The Court’s Chevron decision established a bedrock principle of administrative law. Under Chevron, courts must defer to a federal agency’s reasonable interpretation of an ambiguous statute that the agency is charged with administering, even if they are inclined to rule another way.

The cases before the Court, Relentless, Inc. v. Department of Commerce and Loper Bright Enterprises v. Raimondo, involve a rule issued by the National Marine Fisheries Service requiring fishing vessels to pay for the costs ofobservers who monitor compliance with fishery management plans. In both cases, the federal appeals court deferred to the agency, holding that the rule is a permissible exercise of the agency’s authority

In granting certiorari, the justices have specifically agreed to decide the following question: “Whether the court should overrule Chevron v. Natural Resources Defense Council, or at least clarify that statutory silence concerning controversial powers expressly but narrowly granted elsewhere in the statute does not constitute an ambiguity requiring deference to the agency.”

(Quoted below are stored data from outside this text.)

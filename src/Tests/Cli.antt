-- ===== src/Tests/Cli.antt =====
-- The command line's amounts and configuration at concrete values.
use kirite.Prelude.{
  pos, negsuc, replicate, zero, suc, ok, inl, inr, Bool-cases, Option-cases, take-append,
  drop-append, Bool, true, false, take, drop, ◌==◌, if◌then◌else◌, ℕ, ◌+◌, ◌*◌, ◌^◌, ◌<◌, ◌≡◌, refl,
  Option, none, some, [], ◌∷◌, ◌++◌, length, codes, arith,
}
use kirite.Events.{Line, round_to_53_bits, round_half_even}
use kirite.Decimal.{integer, infinity, parse_int, IsDigits, decimal_value}
use kirite.Cli.Display.{format_amount, format_amount-value}
use kirite.Cli.Config.{
  Setting, finite, infinite, null, json_number, CliConfig, Stored, stored, Host, wrote, load_config,
  save_config, reset_config, set_config_value, default_config, set_field, set_positive,
  is_commitment,
}
use kirite.Ceremony.{skip_spaces, is_space}
use kirite.Transactions.Messages.{trim_end}
use kirite.Cli.Wallet.{array, WalletHost, trim, all_hex_digits, failed, not_parsed, load_wallet}
use kirite.Cli.Wallet.Formats.{wallet_path_of, load_wallet-wrong_length}
use kirite.Cli.Config.Valid.{IsValid, set_config_value-IsValid}

-- The numbers of a configuration, the lengths of its texts, and the texts.
abbrev flag : Bool → ℕ
flag true = 1
flag false = 0

abbrev or_empty : Option Line → Line
or_empty none = []
or_empty (some p) = p

-- `null` is written 0.
abbrev number_text : Setting → ℕ
number_text (finite n) = suc n
number_text infinite = 0
number_text null = 0

abbrev read_number : ℕ → Setting
read_number zero = null
read_number (suc n) = finite n

read_number-text : (n : Setting) → read_number (number_text n) ≡ json_number n
read_number-text (finite n) = refl
read_number-text infinite = refl
read_number-text null = refl

abbrev spell : CliConfig → Line
spell c =
    number_text c.max_retries
    ∷ number_text c.confirm_timeout
    ∷ number_text c.priority_fee
    ∷ flag c.skip_preflight
    ∷ flag (elim c.program_id [ none ↦ false | some p ↦ true ])
    ∷ length c.endpoint
    ∷ length c.wallet_path
    ∷ length c.commitment
    ∷ length c.explorer_url
    ∷ (c.endpoint ++ (c.wallet_path ++ (c.commitment ++ (c.explorer_url ++ or_empty c.program_id))))

abbrev read_spelled : Line → Option Stored
read_spelled (retries ∷ timeout ∷ fee ∷ skip ∷ has_id ∷ a ∷ b ∷ d ∷ e ∷ texts) = some (record {
  endpoint = some (take a texts);
  wallet_path = some (take b (drop a texts));
  commitment = some (take d (drop b (drop a texts)));
  explorer_url = some (take e (drop d (drop b (drop a texts))));
  program_id = if has_id == 0 then none else some (drop e (drop d (drop b (drop a texts))));
  max_retries = some (read_number retries);
  confirm_timeout = some (read_number timeout);
  priority_fee = some (read_number fee);
  skip_preflight = some (skip == 1);
})
read_spelled _ = none

read_spelled-spell : (c : CliConfig) → read_spelled (spell c) ≡ some (stored c)
read_spelled-spell c = elim (Option-cases c.program_id) [
  | inl unset ↦ elim (Bool-cases c.skip_preflight) [
    | inl skip ↦ rw (unset, skip) (simp (take-append, drop-append, read_number-text))
    | inr keep ↦ rw (unset, keep) (simp (take-append, drop-append, read_number-text))
  ]
  | inr (p, is_set) ↦ elim (Bool-cases c.skip_preflight) [
    | inl skip ↦ rw (is_set, skip) (simp (take-append, drop-append, read_number-text))
    | inr keep ↦ rw (is_set, keep) (simp (take-append, drop-append, read_number-text))
  ]
]

abbrev toy_host : Host
toy_host = record {
  parse = read_spelled;
  stringify = spell;
  parse-stringify = read_spelled-spell;
  default_wallet_path = codes "/home/donor/.config/solana/id.json";
}

format_amount-value_example :
    (whole : Line) × (fraction : Line) × (format_amount 1230000000 9 ≡ whole ++ 46 ∷ fraction)
    × (length fraction ≡ 9)
    × (0 < length whole)
    × IsDigits whole
    × IsDigits fraction
    × (decimal_value whole * 10 ^ 9 + decimal_value fraction ≡ 1230000000)
format_amount-value_example = format_amount-value 1230000000 9

default-IsValid : IsValid (load_config toy_host none)
unfolding load_config default_config is_commitment
default-IsValid = record { commitment = refl; confirm_timeout = (30, refl, omega arith) }

abbrev patient : CliConfig
patient = record {
  endpoint = codes "https://api.devnet.solana.com";
  wallet_path = codes "/home/donor/.config/solana/id.json";
  commitment = codes "confirmed";
  program_id = none;
  explorer_url = codes "https://explorer.solana.com";
  max_retries = finite 3;
  confirm_timeout = finite 90;
  skip_preflight = false;
  priority_fee = finite 0;
}

ninety : parse_int (codes "90s") ≡ integer (pos 90)
unfolding parse_int skip_spaces is_space round_to_53_bits round_half_even
ninety = refl

-- 2 ^ 53 + 1 is no double.
rounded : parse_int (codes "-9007199254740993") ≡ integer (negsuc 9007199254740991)
unfolding parse_int skip_spaces is_space round_to_53_bits round_half_even
rounded = refl

-- A one and 309 zeros.
too_large : parse_int (49 ∷ replicate 309 48) ≡ infinity
unfolding parse_int skip_spaces is_space round_to_53_bits round_half_even
too_large = refl

timeout_set :
    set_config_value toy_host none (codes "confirmTimeout") (codes "90s") ≡ wrote (spell patient)
unfolding set_config_value set_field load_config default_config save_config set_positive
timeout_set = rw ninety refl

not_infinite : ¬ (parse_int (codes "90s") ≡ infinity)
not_infinite h = let read = ninety in cc

set_config_value-IsValid_example :
    IsValid (load_config toy_host (some (spell patient)))
    × IsValid (load_config toy_host (some (reset_config toy_host)))
set_config_value-IsValid_example =
    set_config_value-IsValid toy_host none (codes "confirmTimeout") (codes "90s") (spell patient)
      not_infinite default-IsValid timeout_set

-- A wallet file "[1,2]" with two numbers.
abbrev toy_wallets : WalletHost ℕ
toy_wallets = record {
  parse_json = λ text. some (array (1 ∷ 2 ∷ []));
  bs58_decode = λ text. none;
  from_secret_key = λ secret. ok 7;
  public_key_text = λ pair. [];
  file = λ path. some (codes "[1,2]");
  resolve = λ path. path;
  join_path = λ directory name. directory ++ name;
  home = codes "/home/donor";
}

not_hex : all_hex_digits (trim (codes "[1,2]")) ≡ false
unfolding trim skip_spaces is_space trim_end
not_hex = refl

load_wallet-wrong_length_example :
    load_wallet toy_host toy_wallets none (some (codes "~/id.json"))
    ≡ failed (
        not_parsed toy_host toy_wallets
          (wallet_path_of toy_host toy_wallets none (some (codes "~/id.json"))))
load_wallet-wrong_length_example =
    load_wallet-wrong_length toy_host toy_wallets none (some (codes "~/id.json")) (codes "[1,2]")
      (1 ∷ 2 ∷ []) refl refl (λ same. omega (arith, same)) refl not_hex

Below is a brief summary of the remaining cases before the Court:

Devillier v. Texas: The Fifth Amendment government taking case involves when property owners can sue for compensation. In First English Evangelical Lutheran Church v. County of Los Angeles, 482 U.S. 304 (1987), the Supreme Court recognized that the Fifth Amendment’s Takings Clause was “self-executing” and that “[s]tatutory recognition was not necessary” for claims for just compensation because they “are grounded in the Constitution itself[.]” Following the decision, several appellate state courts have held that the self-executing nature of the Takings Clause requires them to entertain claims directly under the Clause without the need for statutory authorization. Two federal Circuits, the Fifth and the Ninth, disagree and have held that claims for just compensation are only available if they are legislatively authorized. The justices have agreed to consider the following question: “Whether a person whose property is taken without compensation may seek redress under the self-executing takings clause of the Fifth Amendment even if the legislature has not affirmatively provided them with a cause of action.”

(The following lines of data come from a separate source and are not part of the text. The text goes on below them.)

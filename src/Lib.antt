-- ===== src/Lib.antt =====
-- Verification of the system design implementations: a job queue over Postgres with its HTTP
-- server and Go SDK (jobq), four rate limiters (rate_limiter), a consistent hash ring
-- (consistent_hashing), the suggestions of a search box (search_autocomplete), a chat server
-- (chat_system), a URL shortener (url_shortener) and a concurrent search for files
-- (concurrent_file_searcher).
--
-- JobQ models jobq. Workers use the SDK (jobq/src/sdk/go), which talks to the handlers
-- (jobq/src/internal/httpapi), which check requests with the validator and call the store
-- (jobq/src/internal/storage), while the reaper (jobq/src/internal/leaser) returns jobs whose
-- lease is over.
--   JobQ.Job, JobQ.Table: a row of the table `jobs`, and UPDATE and SELECT on a list of rows.
--   JobQ.Store.Claim, Finish, Lease, Admin: the methods of the store (storage/job.go, stats.go) and
--     the reaper: claim_pending_job is ClaimPendingJob, mark_complete is MarkComplete, and so on.
--   JobQ.Statement: the SQL statements that the methods send, and histories of them.
--   JobQ.Config, JobQ.Backoff, JobQ.Validator: internal/config, internal/scheduler,
--     internal/validator.
--   JobQ.Http.Requests, Handlers: httpapi/types.go and the handlers.
--   JobQ.Sdk.Client, Worker: client.go and worker.go; Contract and Life put them over the server.
--   JobQ.Proofs: rows (Effects, Rows), claims (Claiming), histories of statements and of calls
--     (Histories, Validity, Calls) and lease tokens (Fencing).
-- RateLimiter.TokenBucket, LeakingBucket, FixedWindow and SlidingWindow model the main.go of the
-- directories of rate_limiter with these names; each has its Laws.
-- ConsistentHashing.Hasher models consistent_hashing/internal/data/elements.go over IntMap and
-- Ring; Order tells the place of a key without the order of the list, Placement, Upkeep and
-- Removal follow keys through additions and removals of servers; Distribution is Visualize up to
-- the chart.
-- SearchAutocomplete models search_autocomplete/internal/trie and the seeder. Trie is trie.go,
-- whose Laws tell the map that the trie is; Suggest is DFS of suggest.go, with what it finds in
-- Soundness; TopK is topK of suggest.go and Merge is mergeTopK of cache.go, both over the
-- interface Heap of container/heap, which Heap.Selection implements; Cache is the rest of cache.go
-- (traverse is TraverseAndBuild) and Suggest of suggest.go. Ranking says what the best k of some
-- completions are. Cache.Kept is the invariant of the caches, Cache.Laws keeps it, Cache.Answers
-- and Cache.Parallel follow a trie from its lines to the answers of Suggest. Seeder is
-- cmd/seeder/main.go: the index of a bucket (build_prefix_index is buildPrefixIndex) and its merge
-- into the collection; Seeder.Seeding follows all buckets; Scan is Scan of the same file, which
-- cuts a bucket into smaller ones, and Splitting is processBucket, which scans the large ones again
-- and draws the recursion with Graph (graph_builder.go). Tiers is internal/store: answer is Suggest
-- over memory, Redis and MongoDB, init is Init; Api is HandleSuggest of cmd/api/main.go, which
-- calls it. PrefixIndex is prefix_index.go, index.go (load is Load) and walkForIndex of trie.go.
-- Text is what the parsers use of strings and strconv; Files is ParseLine, BuildTrie from a file
-- and writeOut. Aol is cmd/preprocess_aol/main.go, whose output BuildTrie reads (Aol.Pipeline
-- follows a log to the trie), and Ngrams is cmd/preprocess_ngrams/main.go.
-- FileSearcher models concurrent_file_searcher/cmd/api/main.go: turn is a step of searchDir in one
-- goroutine, closer and main_loop those of main; Invariant, Steps, Runs, Progress and
-- Ends follow any order of such steps.
-- Chat models chat_system/cmd/api/main.go and internals/data/chat.go. The goroutine of a
-- connection (Lines: message_of is the body of handleConn) sends events to the one event loop
-- (Events: handle is a round of EventHandler, on_join is CMD_JOIN, and so on), which keeps the
-- rooms and locations (Rooms), starts workers (Broadcast) and sends to the channels of clients; a
-- worker hands slow clients back to be kicked. Events.Invariant, Keeping, Workers, Rounds and
-- Runs follow orderly events, Absent those of clients that are gone.
-- UrlShortener models url_shortener/main.go: Normalize is normalizeURL, Server the two handlers
-- over the table of codes.
-- Prelude holds what all of them share: tests, lists, texts, integers with the wrap-around of an
-- int64, and maps with text keys. The modules named Examples hold the tests.
--
-- The model. A uuid is a number, a time is in nanoseconds, a payload is its code points. One SQL
-- statement is atomic; a method that sends two takes a Session, which says whether each fails and
-- what other sessions do between them, and `alone` is the one without faults and without others. A
-- history is a list of statements, of any sessions in any order. Row locks of a claim are a
-- parameter. Values of the row's integer columns are natural numbers, request fields and settings
-- are integers. What stands outside the repository is a parameter: the environment and
-- strconv.Atoi, rand.Int64N, json.Valid, uuid, the clock, MD5 and the names that fmt.Sprintf
-- makes, container/heap, sort.Slice, filepath.Join, net/url, the tables of unicode and the codes
-- of snowflake and base62. Amounts of the limiters are exact multiples of a thousand-millionth
-- where the source has float64, whose rounding is left out. Text files are valid UTF-8. A line that
-- bufio.Scanner cannot hold is what the source makes of it: a panic, or the error of processFile,
-- which an argument gives. What MongoDB does with a batch is an argument too. Loops
-- are recursions on lists or numbers; fuel is only in the printing of numbers, which takes one more
-- than the number, in draining a heap, which takes its length, and in processBucket, for which one
-- more than the runes of the longest phrase is shown to be enough. Go ranges over maps in any
-- order; the models take the order of a list. A send of the event loop to a channel is an effect
-- that waits until the channel has room, and one to a nil channel waits for ever; a worker's kicks
-- are taken when the loop goes on (worker), and make it wait when it does not (unheard_worker). The
-- two statements of a shortening are two steps, between which other requests may come.
--
-- Not modelled: writing a response that fails, routing and middleware, Worker.Run with its
-- goroutines, the drawing of charts; of search_autocomplete the opening of files and of databases,
-- the WaitGroup and the channels of the seeder (each index is taken to reach the merge worker),
-- gzip, the memory estimate and the score of a phrase, which is computed in float64; of chat_system
-- the accepting of connections, the writers of the clients and the order in which goroutines get
-- their events through; and the program dependency_injection_in_golang.
pub mod Prelude
pub mod JobQ
pub mod RateLimiter
pub mod ConsistentHashing
pub mod SearchAutocomplete
pub mod Chat
pub mod UrlShortener
pub mod FileSearcher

Macquarie Infrastructure Corp. v. Moab Partners, L.P.: The case is poised to clarify whether a failure to disclose under Item 303 of Regulation S-K constitutes securities fraud. Section l0(b) of the Securities Exchange Act of 1934 prohibits deception in connection with the purchase or sale of securities. To that end, SEC Rule l0b-5 declares it unlawful to make an untrue statement or omit a material fact “necessary” to make an affirmative statement “not misleading.” A violation of this requirement can give rise to a judicially implied private right of action that the Supreme Court has construed narrowly. Item 303 of SEC Regulation S-K calls for additional disclosures under a different standard. Item 303 is an administrative rule that requires a company to disclose known trends or uncertainties that are likely to have a material impact on its financial position, regardless of whether the company had made any statements that would otherwise be misleading. The Court will decide the following question: “Whether the U.S. Court of Appeals for the 2nd Circuit erred in holding that a failure to make a disclosure required under Item 303 of SEC Regulation S-K can support a private claim under Section 10(b) of the Securities Exchange Act of 1934, even in the absence of an otherwise misleading statement.”